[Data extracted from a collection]

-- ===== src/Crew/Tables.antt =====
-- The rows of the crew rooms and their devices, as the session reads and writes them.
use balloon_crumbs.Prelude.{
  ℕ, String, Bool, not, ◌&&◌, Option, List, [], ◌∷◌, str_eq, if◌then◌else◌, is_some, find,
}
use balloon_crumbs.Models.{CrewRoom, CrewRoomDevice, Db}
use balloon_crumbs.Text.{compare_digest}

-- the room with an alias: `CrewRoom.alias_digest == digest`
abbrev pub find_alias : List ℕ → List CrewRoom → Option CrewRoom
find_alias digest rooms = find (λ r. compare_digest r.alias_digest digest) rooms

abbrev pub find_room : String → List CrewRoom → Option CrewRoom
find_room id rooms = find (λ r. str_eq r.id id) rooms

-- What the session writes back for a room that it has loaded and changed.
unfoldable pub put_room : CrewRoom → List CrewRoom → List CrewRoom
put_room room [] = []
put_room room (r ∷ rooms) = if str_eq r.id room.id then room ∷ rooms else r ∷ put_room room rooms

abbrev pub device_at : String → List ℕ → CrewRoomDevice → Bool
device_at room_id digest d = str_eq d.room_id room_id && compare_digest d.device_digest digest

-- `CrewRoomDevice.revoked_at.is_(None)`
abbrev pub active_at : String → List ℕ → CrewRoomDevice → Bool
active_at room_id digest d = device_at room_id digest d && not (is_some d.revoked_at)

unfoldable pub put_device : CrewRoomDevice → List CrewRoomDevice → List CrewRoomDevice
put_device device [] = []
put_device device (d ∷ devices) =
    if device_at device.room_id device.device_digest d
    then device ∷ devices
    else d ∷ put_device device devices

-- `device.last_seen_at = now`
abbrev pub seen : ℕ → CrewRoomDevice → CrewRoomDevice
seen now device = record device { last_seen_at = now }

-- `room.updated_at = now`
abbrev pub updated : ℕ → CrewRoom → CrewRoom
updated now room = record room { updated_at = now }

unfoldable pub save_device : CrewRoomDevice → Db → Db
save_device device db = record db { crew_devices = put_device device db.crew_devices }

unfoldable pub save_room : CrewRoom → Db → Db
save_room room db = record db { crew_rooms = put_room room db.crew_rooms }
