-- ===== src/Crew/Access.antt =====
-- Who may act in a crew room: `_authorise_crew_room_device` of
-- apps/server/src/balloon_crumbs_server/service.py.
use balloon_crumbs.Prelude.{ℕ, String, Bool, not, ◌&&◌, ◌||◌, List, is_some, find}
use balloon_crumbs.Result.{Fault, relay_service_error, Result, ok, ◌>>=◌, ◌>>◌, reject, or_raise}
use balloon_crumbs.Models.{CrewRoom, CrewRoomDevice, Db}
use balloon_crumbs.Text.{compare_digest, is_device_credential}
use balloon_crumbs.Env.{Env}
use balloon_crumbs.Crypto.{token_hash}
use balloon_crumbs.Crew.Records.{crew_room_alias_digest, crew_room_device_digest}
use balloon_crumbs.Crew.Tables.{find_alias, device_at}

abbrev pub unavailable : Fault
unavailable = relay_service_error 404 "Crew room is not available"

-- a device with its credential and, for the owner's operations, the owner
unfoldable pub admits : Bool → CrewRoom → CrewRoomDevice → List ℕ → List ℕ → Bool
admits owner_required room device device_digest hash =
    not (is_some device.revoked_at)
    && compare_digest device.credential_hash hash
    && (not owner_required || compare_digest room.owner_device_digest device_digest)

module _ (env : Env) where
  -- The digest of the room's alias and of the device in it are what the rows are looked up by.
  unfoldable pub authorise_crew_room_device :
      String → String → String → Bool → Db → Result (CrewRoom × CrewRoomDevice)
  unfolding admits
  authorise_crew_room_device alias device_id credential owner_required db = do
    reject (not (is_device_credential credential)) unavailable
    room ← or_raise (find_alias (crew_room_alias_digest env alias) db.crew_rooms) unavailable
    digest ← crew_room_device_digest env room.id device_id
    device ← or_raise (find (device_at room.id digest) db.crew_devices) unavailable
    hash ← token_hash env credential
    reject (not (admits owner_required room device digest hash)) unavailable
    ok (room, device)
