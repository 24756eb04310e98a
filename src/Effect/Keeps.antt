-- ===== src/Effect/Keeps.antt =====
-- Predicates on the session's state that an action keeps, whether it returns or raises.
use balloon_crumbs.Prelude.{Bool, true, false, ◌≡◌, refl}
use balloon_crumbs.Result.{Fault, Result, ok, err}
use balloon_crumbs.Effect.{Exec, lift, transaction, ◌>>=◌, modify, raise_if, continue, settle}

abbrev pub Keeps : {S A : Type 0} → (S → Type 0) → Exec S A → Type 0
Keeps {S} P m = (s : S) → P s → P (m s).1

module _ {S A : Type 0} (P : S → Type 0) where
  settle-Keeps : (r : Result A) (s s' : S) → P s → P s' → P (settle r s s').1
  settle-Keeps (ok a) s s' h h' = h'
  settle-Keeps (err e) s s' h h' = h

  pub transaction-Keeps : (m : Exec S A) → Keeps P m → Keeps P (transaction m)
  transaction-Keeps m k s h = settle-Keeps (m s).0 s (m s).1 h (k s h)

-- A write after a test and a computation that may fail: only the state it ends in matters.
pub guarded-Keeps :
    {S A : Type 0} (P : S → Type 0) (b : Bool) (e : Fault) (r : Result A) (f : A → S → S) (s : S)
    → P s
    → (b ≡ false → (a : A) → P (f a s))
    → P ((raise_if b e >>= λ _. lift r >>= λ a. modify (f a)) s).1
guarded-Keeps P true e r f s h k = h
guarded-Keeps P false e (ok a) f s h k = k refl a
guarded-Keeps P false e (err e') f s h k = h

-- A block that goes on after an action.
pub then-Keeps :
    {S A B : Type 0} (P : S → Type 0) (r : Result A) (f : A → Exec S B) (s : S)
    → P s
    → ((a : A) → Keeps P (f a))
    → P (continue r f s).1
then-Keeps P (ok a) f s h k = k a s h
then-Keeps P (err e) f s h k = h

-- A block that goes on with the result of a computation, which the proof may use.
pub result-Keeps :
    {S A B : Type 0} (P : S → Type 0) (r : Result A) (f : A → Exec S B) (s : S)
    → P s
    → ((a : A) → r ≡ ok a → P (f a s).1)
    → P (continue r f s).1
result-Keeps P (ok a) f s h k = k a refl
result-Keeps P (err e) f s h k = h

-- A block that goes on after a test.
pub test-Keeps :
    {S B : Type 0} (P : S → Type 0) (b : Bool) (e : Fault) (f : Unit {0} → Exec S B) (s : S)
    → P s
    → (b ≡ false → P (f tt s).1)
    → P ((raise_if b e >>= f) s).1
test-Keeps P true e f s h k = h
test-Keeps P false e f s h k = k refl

* Problem statement *
Your task is to retype the entries verbatim, starting with the line that holds "save_device device db" and stopping after the line that holds "authorise_crew_room_device alias device_id".

* Task response *
save_device device db = record db { crew_devices = put_device device db.crew_devices }

unfoldable pub save_room : CrewRoom → Db → Db
save_room room db = record db { crew_rooms = put_room room db.crew_rooms }
-- ===== src/Crew/Access.antt =====
-- Who may act in a crew room: `_authorise_crew_room_device` of
-- apps/server/src/balloon_crumbs_server/service.py.
use balloon_crumbs.Prelude.{ℕ, String, Bool, not, ◌&&◌, ◌||◌, List, is_some, find}
use balloon_crumbs.Result.{Fault, relay_service_error, Result, ok, ◌>>=◌, ◌>>◌, reject, or_raise}
use balloon_crumbs.Models.{CrewRoom, CrewRoomDevice, Db}
use balloon_crumbs.Text.{compare_digest, is_device_credential}
use balloon_crumbs.Env.{Env}
use balloon_crumbs.Crypto.{token_hash}
use balloon_crumbs.Crew.Records.{crew_room_alias_digest, crew_room_device_digest}
use balloon_crumbs.Crew.Tables.{find_alias, device_at}

abbrev pub unavailable : Fault
unavailable = relay_service_error 404 "Crew room is not available"

-- a device with its credential and, for the owner's operations, the owner
unfoldable pub admits : Bool → CrewRoom → CrewRoomDevice → List ℕ → List ℕ → Bool
admits owner_required room device device_digest hash =
    not (is_some device.revoked_at)
    && compare_digest device.credential_hash hash
    && (not owner_required || compare_digest room.owner_device_digest device_digest)

module _ (env : Env) where
  -- The digest of the room's alias and of the device in it are what the rows are looked up by.
  unfoldable pub authorise_crew_room_device :
      String → String → String → Bool → Db → Result (CrewRoom × CrewRoomDevice)
  unfolding admits
  authorise_crew_room_device alias device_id credential owner_required db = do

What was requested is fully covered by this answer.